◆ Material to process

----

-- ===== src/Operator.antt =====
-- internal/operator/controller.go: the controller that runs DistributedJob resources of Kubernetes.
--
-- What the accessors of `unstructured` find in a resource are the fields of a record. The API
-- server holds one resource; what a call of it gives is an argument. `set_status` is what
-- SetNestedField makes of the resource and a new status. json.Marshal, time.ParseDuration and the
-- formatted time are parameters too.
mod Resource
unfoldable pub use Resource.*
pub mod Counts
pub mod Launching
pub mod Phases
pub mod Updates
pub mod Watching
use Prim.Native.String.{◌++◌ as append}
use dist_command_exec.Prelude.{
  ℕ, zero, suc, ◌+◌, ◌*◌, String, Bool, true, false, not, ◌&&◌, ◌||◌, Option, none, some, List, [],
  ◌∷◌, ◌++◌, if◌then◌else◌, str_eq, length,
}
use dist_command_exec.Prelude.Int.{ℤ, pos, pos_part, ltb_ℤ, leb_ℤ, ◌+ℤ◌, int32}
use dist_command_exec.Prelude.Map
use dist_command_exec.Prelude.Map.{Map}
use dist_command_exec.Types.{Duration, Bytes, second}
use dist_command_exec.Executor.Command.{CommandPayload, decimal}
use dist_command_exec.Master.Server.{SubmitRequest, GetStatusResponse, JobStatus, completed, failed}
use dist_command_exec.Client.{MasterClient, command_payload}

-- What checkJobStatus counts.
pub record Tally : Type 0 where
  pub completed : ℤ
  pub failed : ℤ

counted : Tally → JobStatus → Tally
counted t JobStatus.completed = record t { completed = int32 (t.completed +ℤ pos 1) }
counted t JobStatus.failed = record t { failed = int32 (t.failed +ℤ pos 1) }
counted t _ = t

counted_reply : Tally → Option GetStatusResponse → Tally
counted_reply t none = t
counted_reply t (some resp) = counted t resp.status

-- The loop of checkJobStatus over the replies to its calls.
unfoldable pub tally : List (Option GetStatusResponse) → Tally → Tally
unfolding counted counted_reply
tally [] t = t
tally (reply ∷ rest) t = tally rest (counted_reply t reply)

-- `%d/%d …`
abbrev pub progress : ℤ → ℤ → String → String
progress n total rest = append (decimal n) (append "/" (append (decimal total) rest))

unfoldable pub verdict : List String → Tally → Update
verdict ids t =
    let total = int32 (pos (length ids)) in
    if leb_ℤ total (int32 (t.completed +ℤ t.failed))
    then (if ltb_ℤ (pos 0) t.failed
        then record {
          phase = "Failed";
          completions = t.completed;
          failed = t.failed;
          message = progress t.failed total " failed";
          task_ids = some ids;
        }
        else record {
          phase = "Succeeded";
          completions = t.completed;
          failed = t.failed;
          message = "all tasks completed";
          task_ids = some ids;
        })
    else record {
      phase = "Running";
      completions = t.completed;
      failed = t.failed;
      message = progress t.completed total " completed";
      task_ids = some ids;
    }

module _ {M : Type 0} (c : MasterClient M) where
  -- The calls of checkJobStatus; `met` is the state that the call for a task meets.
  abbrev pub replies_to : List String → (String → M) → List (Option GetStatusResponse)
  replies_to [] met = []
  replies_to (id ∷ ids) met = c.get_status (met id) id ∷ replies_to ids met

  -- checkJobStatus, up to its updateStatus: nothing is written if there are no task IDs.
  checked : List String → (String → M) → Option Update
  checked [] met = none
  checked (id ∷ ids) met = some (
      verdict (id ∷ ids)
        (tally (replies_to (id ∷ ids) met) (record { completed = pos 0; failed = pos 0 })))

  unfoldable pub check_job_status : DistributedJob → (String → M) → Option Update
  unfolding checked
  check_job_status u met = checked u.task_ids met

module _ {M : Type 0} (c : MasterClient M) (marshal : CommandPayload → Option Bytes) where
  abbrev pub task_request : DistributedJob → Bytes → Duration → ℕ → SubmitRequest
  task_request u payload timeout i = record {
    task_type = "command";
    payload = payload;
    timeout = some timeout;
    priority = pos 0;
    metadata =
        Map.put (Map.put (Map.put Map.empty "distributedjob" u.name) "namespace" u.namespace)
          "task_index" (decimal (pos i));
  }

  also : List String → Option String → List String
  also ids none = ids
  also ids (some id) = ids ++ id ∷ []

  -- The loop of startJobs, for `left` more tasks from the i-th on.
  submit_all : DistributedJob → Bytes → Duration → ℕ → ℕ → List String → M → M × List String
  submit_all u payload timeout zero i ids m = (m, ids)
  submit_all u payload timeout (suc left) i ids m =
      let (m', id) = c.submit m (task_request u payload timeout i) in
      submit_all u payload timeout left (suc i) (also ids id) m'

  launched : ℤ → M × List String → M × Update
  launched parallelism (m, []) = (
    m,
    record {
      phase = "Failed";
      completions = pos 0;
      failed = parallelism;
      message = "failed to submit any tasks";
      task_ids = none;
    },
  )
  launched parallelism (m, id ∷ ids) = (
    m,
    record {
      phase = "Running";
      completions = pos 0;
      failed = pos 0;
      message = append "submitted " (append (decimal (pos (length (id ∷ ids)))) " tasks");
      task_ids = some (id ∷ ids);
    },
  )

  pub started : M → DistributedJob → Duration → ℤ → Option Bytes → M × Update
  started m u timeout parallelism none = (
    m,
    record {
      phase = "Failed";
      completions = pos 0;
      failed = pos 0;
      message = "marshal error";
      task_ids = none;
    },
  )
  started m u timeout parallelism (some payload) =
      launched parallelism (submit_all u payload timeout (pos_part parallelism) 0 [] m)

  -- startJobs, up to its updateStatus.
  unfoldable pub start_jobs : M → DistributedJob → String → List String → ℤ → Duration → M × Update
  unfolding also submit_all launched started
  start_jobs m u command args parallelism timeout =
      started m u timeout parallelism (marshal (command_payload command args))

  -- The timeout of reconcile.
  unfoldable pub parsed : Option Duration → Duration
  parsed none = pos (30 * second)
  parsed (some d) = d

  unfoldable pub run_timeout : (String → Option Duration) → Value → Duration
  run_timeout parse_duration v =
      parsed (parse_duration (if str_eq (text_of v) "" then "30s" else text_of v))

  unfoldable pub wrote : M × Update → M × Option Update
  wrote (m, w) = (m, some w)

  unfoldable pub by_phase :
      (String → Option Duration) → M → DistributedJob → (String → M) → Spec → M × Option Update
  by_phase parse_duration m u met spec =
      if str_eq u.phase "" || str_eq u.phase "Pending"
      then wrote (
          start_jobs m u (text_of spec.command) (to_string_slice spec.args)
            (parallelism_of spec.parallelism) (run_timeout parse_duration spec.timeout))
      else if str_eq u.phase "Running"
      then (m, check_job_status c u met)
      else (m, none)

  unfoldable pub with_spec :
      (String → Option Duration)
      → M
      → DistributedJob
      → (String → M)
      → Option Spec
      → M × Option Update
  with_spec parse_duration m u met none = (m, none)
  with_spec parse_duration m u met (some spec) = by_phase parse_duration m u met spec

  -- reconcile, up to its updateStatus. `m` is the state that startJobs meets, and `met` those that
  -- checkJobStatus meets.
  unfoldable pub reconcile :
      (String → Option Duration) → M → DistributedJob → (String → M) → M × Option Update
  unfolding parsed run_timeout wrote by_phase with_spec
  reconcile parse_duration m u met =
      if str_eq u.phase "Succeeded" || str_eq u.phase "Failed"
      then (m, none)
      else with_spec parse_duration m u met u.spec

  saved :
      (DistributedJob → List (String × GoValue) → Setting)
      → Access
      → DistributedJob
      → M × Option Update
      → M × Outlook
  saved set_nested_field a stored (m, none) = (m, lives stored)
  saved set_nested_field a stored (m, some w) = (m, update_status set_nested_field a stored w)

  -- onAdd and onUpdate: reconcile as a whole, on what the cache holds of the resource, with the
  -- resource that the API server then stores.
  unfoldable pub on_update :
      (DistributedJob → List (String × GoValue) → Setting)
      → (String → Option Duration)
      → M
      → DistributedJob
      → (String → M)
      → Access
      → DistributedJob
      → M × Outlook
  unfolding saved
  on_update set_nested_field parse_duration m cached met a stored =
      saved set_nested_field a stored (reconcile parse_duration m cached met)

----

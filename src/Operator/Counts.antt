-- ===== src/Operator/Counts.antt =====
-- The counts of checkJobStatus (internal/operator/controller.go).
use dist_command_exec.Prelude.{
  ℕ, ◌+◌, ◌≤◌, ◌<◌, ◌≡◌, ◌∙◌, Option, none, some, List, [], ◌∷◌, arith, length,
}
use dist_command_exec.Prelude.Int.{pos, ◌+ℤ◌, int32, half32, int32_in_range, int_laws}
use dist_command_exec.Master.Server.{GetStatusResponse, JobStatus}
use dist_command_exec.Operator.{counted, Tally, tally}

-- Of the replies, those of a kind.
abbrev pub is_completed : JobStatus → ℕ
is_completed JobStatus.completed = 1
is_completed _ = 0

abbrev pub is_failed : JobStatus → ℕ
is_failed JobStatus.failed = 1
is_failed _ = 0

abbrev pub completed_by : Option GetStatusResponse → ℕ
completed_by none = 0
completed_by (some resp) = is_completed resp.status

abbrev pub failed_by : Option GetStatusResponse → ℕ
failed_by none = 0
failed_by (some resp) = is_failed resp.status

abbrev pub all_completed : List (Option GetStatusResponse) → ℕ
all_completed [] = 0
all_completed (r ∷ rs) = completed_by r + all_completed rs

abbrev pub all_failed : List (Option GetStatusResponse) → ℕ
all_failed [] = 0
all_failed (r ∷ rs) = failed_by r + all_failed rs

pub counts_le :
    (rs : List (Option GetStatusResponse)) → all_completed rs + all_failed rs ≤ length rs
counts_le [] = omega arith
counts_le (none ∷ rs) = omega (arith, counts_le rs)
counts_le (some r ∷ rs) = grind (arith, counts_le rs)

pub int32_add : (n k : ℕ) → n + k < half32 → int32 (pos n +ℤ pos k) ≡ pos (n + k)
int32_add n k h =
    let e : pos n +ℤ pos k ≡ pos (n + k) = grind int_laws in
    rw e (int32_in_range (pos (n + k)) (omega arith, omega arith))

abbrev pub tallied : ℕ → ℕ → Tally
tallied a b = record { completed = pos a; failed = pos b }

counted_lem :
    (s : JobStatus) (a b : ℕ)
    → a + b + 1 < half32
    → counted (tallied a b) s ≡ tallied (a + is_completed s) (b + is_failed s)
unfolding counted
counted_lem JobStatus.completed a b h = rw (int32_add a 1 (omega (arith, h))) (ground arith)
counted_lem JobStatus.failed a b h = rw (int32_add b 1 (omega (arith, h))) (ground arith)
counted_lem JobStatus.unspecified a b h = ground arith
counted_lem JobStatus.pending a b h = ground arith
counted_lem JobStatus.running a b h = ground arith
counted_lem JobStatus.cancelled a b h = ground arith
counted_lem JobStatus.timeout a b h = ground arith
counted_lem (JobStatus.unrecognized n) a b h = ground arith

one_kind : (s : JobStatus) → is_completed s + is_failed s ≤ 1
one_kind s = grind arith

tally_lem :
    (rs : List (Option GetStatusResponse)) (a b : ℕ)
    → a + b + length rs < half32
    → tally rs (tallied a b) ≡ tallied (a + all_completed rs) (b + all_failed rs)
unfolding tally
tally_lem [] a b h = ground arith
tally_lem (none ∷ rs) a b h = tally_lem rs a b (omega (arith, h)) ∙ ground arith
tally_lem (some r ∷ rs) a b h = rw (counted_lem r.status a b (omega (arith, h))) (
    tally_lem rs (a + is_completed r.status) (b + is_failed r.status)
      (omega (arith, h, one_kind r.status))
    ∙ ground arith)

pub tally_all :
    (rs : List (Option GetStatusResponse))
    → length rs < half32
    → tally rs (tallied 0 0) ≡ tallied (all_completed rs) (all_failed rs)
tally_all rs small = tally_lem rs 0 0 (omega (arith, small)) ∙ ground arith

----

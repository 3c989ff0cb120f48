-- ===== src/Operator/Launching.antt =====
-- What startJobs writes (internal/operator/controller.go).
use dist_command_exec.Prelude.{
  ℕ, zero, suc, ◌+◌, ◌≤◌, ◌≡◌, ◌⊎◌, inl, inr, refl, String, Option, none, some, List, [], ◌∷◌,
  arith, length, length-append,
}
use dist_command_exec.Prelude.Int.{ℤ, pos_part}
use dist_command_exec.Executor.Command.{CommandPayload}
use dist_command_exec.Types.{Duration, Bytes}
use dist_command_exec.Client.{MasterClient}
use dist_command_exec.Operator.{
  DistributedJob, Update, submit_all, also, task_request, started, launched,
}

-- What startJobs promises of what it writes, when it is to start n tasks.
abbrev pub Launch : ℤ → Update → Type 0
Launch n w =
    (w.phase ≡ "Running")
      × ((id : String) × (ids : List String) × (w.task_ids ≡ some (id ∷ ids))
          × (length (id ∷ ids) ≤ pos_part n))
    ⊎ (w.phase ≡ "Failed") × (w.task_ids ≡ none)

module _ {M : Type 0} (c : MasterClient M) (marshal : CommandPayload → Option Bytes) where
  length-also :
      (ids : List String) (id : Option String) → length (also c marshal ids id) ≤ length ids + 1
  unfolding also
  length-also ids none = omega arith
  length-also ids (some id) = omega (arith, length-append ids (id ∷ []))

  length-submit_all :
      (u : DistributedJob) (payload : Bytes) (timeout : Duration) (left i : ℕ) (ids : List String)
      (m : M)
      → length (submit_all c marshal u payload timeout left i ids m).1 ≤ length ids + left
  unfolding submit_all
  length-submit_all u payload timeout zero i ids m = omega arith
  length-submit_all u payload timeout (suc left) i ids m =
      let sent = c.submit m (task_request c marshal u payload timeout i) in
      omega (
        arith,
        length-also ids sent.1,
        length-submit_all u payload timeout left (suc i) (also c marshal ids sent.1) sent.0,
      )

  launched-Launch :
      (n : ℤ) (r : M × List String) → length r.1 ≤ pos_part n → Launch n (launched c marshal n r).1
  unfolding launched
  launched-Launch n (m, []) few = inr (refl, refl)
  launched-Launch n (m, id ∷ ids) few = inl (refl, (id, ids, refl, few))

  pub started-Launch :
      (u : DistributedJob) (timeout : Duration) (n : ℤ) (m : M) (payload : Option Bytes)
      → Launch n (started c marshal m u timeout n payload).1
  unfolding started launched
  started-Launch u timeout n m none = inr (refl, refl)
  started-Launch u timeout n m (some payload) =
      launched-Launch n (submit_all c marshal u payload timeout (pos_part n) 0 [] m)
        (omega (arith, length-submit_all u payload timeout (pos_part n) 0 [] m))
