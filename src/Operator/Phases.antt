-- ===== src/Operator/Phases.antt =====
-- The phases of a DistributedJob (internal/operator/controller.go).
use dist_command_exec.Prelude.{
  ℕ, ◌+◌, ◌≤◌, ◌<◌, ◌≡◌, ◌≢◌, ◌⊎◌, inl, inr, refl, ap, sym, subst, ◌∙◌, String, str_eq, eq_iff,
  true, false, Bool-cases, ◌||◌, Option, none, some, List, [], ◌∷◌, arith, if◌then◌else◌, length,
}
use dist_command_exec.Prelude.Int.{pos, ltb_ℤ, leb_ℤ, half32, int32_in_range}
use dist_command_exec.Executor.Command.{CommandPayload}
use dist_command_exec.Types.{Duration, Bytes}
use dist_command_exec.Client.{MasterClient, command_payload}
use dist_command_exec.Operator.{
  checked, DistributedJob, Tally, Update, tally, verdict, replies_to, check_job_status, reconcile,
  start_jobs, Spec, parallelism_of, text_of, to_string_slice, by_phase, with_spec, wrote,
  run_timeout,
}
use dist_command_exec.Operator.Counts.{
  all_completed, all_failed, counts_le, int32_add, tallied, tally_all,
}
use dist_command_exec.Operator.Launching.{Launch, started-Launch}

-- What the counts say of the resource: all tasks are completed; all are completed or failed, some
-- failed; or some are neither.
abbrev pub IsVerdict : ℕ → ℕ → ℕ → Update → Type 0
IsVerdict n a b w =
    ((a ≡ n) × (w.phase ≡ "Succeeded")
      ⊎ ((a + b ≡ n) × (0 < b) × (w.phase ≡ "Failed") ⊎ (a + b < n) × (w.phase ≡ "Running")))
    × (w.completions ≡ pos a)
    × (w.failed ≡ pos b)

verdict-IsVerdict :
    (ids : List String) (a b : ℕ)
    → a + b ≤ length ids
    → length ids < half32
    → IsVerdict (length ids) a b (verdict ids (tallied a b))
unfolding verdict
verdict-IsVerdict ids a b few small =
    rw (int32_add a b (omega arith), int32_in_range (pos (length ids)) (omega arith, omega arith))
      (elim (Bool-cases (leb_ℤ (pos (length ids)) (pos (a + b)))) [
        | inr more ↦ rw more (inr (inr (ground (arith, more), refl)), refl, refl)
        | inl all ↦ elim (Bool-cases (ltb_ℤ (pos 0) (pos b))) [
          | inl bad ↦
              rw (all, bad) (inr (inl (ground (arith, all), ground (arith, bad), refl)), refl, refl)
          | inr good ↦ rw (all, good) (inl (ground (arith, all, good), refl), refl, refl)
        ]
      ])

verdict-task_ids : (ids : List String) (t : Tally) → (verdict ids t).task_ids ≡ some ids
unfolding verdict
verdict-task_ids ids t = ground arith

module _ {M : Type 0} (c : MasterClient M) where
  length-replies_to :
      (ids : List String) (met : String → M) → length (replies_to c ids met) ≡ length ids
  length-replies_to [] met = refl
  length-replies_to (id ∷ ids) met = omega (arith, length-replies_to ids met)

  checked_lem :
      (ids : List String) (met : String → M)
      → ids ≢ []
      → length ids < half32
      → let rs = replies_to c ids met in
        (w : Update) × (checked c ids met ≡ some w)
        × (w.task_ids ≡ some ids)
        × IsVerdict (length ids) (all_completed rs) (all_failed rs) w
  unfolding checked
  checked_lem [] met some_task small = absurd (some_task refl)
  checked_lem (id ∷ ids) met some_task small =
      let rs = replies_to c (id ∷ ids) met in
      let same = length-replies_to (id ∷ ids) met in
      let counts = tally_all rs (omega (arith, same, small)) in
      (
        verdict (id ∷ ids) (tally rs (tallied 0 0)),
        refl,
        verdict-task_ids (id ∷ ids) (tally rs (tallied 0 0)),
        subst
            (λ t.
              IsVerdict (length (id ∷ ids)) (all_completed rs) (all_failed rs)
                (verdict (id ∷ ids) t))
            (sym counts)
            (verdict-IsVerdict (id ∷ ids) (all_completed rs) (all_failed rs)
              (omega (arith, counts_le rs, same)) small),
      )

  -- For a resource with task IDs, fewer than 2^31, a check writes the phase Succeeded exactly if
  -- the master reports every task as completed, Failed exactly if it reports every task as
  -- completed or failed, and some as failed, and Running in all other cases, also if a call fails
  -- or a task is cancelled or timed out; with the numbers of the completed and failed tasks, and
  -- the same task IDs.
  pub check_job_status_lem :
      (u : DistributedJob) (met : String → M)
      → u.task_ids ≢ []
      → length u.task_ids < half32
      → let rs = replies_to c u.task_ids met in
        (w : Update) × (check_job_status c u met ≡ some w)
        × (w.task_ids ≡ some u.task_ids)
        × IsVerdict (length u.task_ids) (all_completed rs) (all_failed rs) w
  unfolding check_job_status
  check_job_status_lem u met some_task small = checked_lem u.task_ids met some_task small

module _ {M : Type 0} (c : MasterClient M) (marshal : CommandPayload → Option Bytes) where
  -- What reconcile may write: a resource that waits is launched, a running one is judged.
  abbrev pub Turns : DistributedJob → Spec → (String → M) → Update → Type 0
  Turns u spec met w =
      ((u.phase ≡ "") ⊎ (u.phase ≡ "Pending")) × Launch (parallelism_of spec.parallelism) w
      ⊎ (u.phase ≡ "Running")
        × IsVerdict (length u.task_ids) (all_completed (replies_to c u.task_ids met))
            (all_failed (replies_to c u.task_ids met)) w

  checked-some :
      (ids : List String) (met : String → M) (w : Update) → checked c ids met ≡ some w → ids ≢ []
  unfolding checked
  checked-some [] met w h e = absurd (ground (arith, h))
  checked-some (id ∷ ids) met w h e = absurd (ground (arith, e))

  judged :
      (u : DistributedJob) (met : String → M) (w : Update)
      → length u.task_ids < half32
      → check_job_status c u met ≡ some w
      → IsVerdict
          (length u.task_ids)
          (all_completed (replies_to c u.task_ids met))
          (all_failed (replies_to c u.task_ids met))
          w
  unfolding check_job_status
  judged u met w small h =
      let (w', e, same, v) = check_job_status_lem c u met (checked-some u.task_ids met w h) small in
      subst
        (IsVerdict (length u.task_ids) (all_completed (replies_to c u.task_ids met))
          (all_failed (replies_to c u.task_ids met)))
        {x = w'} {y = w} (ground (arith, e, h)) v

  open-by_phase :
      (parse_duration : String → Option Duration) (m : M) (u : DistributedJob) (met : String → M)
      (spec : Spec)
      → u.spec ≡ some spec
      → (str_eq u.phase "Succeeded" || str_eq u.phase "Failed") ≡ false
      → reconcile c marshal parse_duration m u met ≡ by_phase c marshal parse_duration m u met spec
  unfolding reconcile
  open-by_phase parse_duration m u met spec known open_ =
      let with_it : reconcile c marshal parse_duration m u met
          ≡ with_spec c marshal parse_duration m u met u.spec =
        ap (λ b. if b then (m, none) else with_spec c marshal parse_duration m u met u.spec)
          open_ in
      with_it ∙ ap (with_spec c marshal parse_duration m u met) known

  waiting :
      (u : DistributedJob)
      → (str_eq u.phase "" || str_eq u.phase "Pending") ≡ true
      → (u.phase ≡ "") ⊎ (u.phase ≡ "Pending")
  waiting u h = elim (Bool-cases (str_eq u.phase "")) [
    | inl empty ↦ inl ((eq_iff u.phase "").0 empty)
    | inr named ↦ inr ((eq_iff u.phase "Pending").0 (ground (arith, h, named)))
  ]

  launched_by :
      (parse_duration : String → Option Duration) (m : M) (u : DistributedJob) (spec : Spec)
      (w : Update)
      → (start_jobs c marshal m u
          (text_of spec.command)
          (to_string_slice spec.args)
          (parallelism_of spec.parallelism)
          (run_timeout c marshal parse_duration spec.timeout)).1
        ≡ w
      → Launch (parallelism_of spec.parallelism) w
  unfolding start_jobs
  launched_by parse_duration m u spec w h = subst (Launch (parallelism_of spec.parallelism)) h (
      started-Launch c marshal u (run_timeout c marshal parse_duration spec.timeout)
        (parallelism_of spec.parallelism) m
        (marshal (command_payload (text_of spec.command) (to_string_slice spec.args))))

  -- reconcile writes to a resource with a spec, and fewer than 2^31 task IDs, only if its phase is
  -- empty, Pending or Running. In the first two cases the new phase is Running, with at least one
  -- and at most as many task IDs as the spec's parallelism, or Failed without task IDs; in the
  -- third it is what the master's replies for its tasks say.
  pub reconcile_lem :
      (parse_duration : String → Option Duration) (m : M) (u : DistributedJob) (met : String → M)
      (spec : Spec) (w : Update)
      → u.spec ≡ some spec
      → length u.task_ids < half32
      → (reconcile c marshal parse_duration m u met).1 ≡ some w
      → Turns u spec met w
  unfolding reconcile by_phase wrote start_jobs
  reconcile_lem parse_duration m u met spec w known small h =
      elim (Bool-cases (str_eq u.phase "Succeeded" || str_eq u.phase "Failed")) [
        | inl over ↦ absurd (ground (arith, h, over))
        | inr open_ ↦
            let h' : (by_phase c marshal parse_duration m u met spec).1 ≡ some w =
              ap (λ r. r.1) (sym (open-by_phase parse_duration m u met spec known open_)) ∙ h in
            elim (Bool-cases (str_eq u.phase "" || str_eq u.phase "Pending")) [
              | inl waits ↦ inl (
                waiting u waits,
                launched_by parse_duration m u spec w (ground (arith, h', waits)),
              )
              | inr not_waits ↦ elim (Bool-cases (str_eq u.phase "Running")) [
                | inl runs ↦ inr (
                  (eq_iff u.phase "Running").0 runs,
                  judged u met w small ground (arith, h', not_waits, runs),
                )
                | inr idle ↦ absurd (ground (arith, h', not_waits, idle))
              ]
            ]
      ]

----

◆ Brief
Using the material, show each line where the string "than" can be found.

◆ Answer
  -- For a resource with task IDs, fewer than 2^31, a check writes the phase Succeeded exactly if
  -- reconcile writes to a resource with a spec, and fewer than 2^31 task IDs, only if its phase is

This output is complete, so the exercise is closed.